TASK STATEMENT:
Your answer must be every line below, repeated exactly.

RECORD EXTRACTS:

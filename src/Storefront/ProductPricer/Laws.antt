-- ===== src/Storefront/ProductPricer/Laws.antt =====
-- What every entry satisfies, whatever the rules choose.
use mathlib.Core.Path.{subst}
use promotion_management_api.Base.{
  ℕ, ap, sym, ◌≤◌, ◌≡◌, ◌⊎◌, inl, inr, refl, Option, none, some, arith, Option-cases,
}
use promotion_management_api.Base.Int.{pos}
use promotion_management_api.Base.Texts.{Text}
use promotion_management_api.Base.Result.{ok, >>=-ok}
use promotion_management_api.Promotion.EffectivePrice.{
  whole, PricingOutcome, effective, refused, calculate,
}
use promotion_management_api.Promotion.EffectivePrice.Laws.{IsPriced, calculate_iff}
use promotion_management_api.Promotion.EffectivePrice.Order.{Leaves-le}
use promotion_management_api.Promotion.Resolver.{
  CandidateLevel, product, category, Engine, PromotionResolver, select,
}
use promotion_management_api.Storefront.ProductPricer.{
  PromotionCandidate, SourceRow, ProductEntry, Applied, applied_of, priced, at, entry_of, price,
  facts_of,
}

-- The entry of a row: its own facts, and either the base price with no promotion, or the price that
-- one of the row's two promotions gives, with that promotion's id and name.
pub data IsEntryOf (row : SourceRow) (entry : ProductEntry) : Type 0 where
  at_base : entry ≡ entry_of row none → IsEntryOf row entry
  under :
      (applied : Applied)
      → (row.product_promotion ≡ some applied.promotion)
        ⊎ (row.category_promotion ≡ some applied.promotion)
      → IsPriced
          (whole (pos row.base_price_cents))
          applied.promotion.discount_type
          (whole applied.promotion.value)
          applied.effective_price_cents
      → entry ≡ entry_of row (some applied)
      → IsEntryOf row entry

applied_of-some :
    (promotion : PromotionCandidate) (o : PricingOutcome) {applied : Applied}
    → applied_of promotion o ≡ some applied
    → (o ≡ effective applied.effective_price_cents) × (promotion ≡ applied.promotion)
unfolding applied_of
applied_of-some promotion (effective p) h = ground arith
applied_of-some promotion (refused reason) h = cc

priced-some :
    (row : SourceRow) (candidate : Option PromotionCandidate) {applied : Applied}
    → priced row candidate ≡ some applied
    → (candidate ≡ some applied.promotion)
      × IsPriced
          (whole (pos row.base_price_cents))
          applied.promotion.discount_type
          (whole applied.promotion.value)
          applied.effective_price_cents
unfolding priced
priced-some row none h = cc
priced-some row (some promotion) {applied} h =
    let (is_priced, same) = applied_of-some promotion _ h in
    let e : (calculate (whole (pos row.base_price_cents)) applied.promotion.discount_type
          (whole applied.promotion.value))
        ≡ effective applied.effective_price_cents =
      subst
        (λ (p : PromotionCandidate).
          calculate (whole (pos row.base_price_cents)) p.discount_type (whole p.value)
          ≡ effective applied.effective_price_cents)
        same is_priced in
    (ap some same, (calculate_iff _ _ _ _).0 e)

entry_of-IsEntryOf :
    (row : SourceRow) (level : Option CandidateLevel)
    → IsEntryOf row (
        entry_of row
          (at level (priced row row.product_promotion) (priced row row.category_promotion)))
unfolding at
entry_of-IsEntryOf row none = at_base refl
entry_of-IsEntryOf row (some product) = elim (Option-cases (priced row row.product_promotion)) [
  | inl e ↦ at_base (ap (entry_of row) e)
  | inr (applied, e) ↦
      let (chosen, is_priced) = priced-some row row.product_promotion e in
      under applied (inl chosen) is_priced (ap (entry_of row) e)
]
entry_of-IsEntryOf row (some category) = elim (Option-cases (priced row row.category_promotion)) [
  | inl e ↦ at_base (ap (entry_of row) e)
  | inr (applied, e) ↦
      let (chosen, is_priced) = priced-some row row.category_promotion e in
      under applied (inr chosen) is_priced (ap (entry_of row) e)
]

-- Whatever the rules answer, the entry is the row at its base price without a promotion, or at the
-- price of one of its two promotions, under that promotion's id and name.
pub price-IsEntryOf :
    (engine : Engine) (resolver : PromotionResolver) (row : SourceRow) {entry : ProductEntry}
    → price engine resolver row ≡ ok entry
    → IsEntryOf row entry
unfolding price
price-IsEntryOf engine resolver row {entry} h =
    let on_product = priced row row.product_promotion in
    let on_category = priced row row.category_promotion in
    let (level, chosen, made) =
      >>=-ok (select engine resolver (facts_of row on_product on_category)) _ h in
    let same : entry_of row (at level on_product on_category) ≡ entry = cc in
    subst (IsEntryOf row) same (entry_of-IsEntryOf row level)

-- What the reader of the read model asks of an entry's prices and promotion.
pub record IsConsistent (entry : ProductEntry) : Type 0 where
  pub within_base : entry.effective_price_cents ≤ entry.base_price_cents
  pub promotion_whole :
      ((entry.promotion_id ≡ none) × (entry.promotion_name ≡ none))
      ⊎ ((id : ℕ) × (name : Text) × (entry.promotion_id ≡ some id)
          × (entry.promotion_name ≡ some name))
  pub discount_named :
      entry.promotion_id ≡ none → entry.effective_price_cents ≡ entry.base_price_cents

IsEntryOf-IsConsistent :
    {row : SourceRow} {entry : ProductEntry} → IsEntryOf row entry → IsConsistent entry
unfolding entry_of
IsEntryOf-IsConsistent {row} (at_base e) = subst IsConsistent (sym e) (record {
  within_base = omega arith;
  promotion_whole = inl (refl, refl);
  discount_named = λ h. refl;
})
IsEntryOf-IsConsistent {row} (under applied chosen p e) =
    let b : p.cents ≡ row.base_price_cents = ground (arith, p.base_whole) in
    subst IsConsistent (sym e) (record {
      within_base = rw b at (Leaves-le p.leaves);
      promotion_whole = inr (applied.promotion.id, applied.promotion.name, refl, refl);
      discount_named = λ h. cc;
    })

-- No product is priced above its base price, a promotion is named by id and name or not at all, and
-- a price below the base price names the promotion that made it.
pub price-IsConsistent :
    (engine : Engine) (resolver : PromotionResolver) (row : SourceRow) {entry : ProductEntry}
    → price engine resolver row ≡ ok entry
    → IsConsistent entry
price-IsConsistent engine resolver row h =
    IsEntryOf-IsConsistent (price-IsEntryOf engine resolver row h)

TASK ANSWER:
filename src/Storefront/ProductPricer/Laws.antt
-- ===== src/Storefront/ProductPricer/Laws.antt =====
-- What every entry satisfies, whatever the rules choose.
use mathlib.Core.Path.{subst}
use promotion_management_api.Base.{
  ℕ, ap, sym, ◌≤◌, ◌≡◌, ◌⊎◌, inl, inr, refl, Option, none, some, arith, Option-cases,
}
use promotion_management_api.Base.Int.{pos}
use promotion_management_api.Base.Texts.{Text}
use promotion_management_api.Base.Result.{ok, >>=-ok}
use promotion_management_api.Promotion.EffectivePrice.{
  whole, PricingOutcome, effective, refused, calculate,
}
use promotion_management_api.Promotion.EffectivePrice.Laws.{IsPriced, calculate_iff}
use promotion_management_api.Promotion.EffectivePrice.Order.{Leaves-le}
use promotion_management_api.Promotion.Resolver.{
  CandidateLevel, product, category, Engine, PromotionResolver, select,
}
use promotion_management_api.Storefront.ProductPricer.{
  PromotionCandidate, SourceRow, ProductEntry, Applied, applied_of, priced, at, entry_of, price,
  facts_of,
}

-- The entry of a row: its own facts, and either the base price with no promotion, or the price that
-- one of the row's two promotions gives, with that promotion's id and name.
pub data IsEntryOf (row : SourceRow) (entry : ProductEntry) : Type 0 where
  at_base : entry ≡ entry_of row none → IsEntryOf row entry
  under :
      (applied : Applied)
      → (row.product_promotion ≡ some applied.promotion)
        ⊎ (row.category_promotion ≡ some applied.promotion)
      → IsPriced
          (whole (pos row.base_price_cents))
          applied.promotion.discount_type
          (whole applied.promotion.value)
          applied.effective_price_cents
      → entry ≡ entry_of row (some applied)
      → IsEntryOf row entry

applied_of-some :
    (promotion : PromotionCandidate) (o : PricingOutcome) {applied : Applied}
    → applied_of promotion o ≡ some applied
    → (o ≡ effective applied.effective_price_cents) × (promotion ≡ applied.promotion)
unfolding applied_of
applied_of-some promotion (effective p) h = ground arith
applied_of-some promotion (refused reason) h = cc

priced-some :
    (row : SourceRow) (candidate : Option PromotionCandidate) {applied : Applied}
    → priced row candidate ≡ some applied
    → (candidate ≡ some applied.promotion)
      × IsPriced
          (whole (pos row.base_price_cents))
          applied.promotion.discount_type
          (whole applied.promotion.value)
          applied.effective_price_cents
unfolding priced
priced-some row none h = cc
priced-some row (some promotion) {applied} h =
    let (is_priced, same) = applied_of-some promotion _ h in
    let e : (calculate (whole (pos row.base_price_cents)) applied.promotion.discount_type
          (whole applied.promotion.value))
        ≡ effective applied.effective_price_cents =
      subst
        (λ (p : PromotionCandidate).
          calculate (whole (pos row.base_price_cents)) p.discount_type (whole p.value)
          ≡ effective applied.effective_price_cents)
        same is_priced in
    (ap some same, (calculate_iff _ _ _ _).0 e)

entry_of-IsEntryOf :
    (row : SourceRow) (level : Option CandidateLevel)
    → IsEntryOf row (
        entry_of row
          (at level (priced row row.product_promotion) (priced row row.category_promotion)))
unfolding at
entry_of-IsEntryOf row none = at_base refl
entry_of-IsEntryOf row (some product) = elim (Option-cases (priced row row.product_promotion)) [
  | inl e ↦ at_base (ap (entry_of row) e)
  | inr (applied, e) ↦
      let (chosen, is_priced) = priced-some row row.product_promotion e in
      under applied (inl chosen) is_priced (ap (entry_of row) e)
]
entry_of-IsEntryOf row (some category) = elim (Option-cases (priced row row.category_promotion)) [
  | inl e ↦ at_base (ap (entry_of row) e)
  | inr (applied, e) ↦
      let (chosen, is_priced) = priced-some row row.category_promotion e in
      under applied (inr chosen) is_priced (ap (entry_of row) e)
]

-- Whatever the rules answer, the entry is the row at its base price without a promotion, or at the
-- price of one of its two promotions, under that promotion's id and name.
pub price-IsEntryOf :
    (engine : Engine) (resolver : PromotionResolver) (row : SourceRow) {entry : ProductEntry}
    → price engine resolver row ≡ ok entry
    → IsEntryOf row entry
unfolding price
price-IsEntryOf engine resolver row {entry} h =
    let on_product = priced row row.product_promotion in
    let on_category = priced row row.category_promotion in
    let (level, chosen, made) =
      >>=-ok (select engine resolver (facts_of row on_product on_category)) _ h in
    let same : entry_of row (at level on_product on_category) ≡ entry = cc in
    subst (IsEntryOf row) same (entry_of-IsEntryOf row level)

-- What the reader of the read model asks of an entry's prices and promotion.
pub record IsConsistent (entry : ProductEntry) : Type 0 where
  pub within_base : entry.effective_price_cents ≤ entry.base_price_cents
  pub promotion_whole :
      ((entry.promotion_id ≡ none) × (entry.promotion_name ≡ none))
      ⊎ ((id : ℕ) × (name : Text) × (entry.promotion_id ≡ some id)
          × (entry.promotion_name ≡ some name))
  pub discount_named :
      entry.promotion_id ≡ none → entry.effective_price_cents ≡ entry.base_price_cents

IsEntryOf-IsConsistent :
    {row : SourceRow} {entry : ProductEntry} → IsEntryOf row entry → IsConsistent entry
unfolding entry_of
IsEntryOf-IsConsistent {row} (at_base e) = subst IsConsistent (sym e) (record {
  within_base = omega arith;
  promotion_whole = inl (refl, refl);
  discount_named = λ h. refl;
})
IsEntryOf-IsConsistent {row} (under applied chosen p e) =
    let b : p.cents ≡ row.base_price_cents = ground (arith, p.base_whole) in
    subst IsConsistent (sym e) (record {
      within_base = rw b at (Leaves-le p.leaves);
      promotion_whole = inr (applied.promotion.id, applied.promotion.name, refl, refl);
      discount_named = λ h. cc;
    })

-- No product is priced above its base price, a promotion is named by id and name or not at all, and
-- a price below the base price names the promotion that made it.
pub price-IsConsistent :
    (engine : Engine) (resolver : PromotionResolver) (row : SourceRow) {entry : ProductEntry}
    → price engine resolver row ≡ ok entry
    → IsConsistent entry
price-IsConsistent engine resolver row h =
    IsEntryOf-IsConsistent (price-IsEntryOf engine resolver row h)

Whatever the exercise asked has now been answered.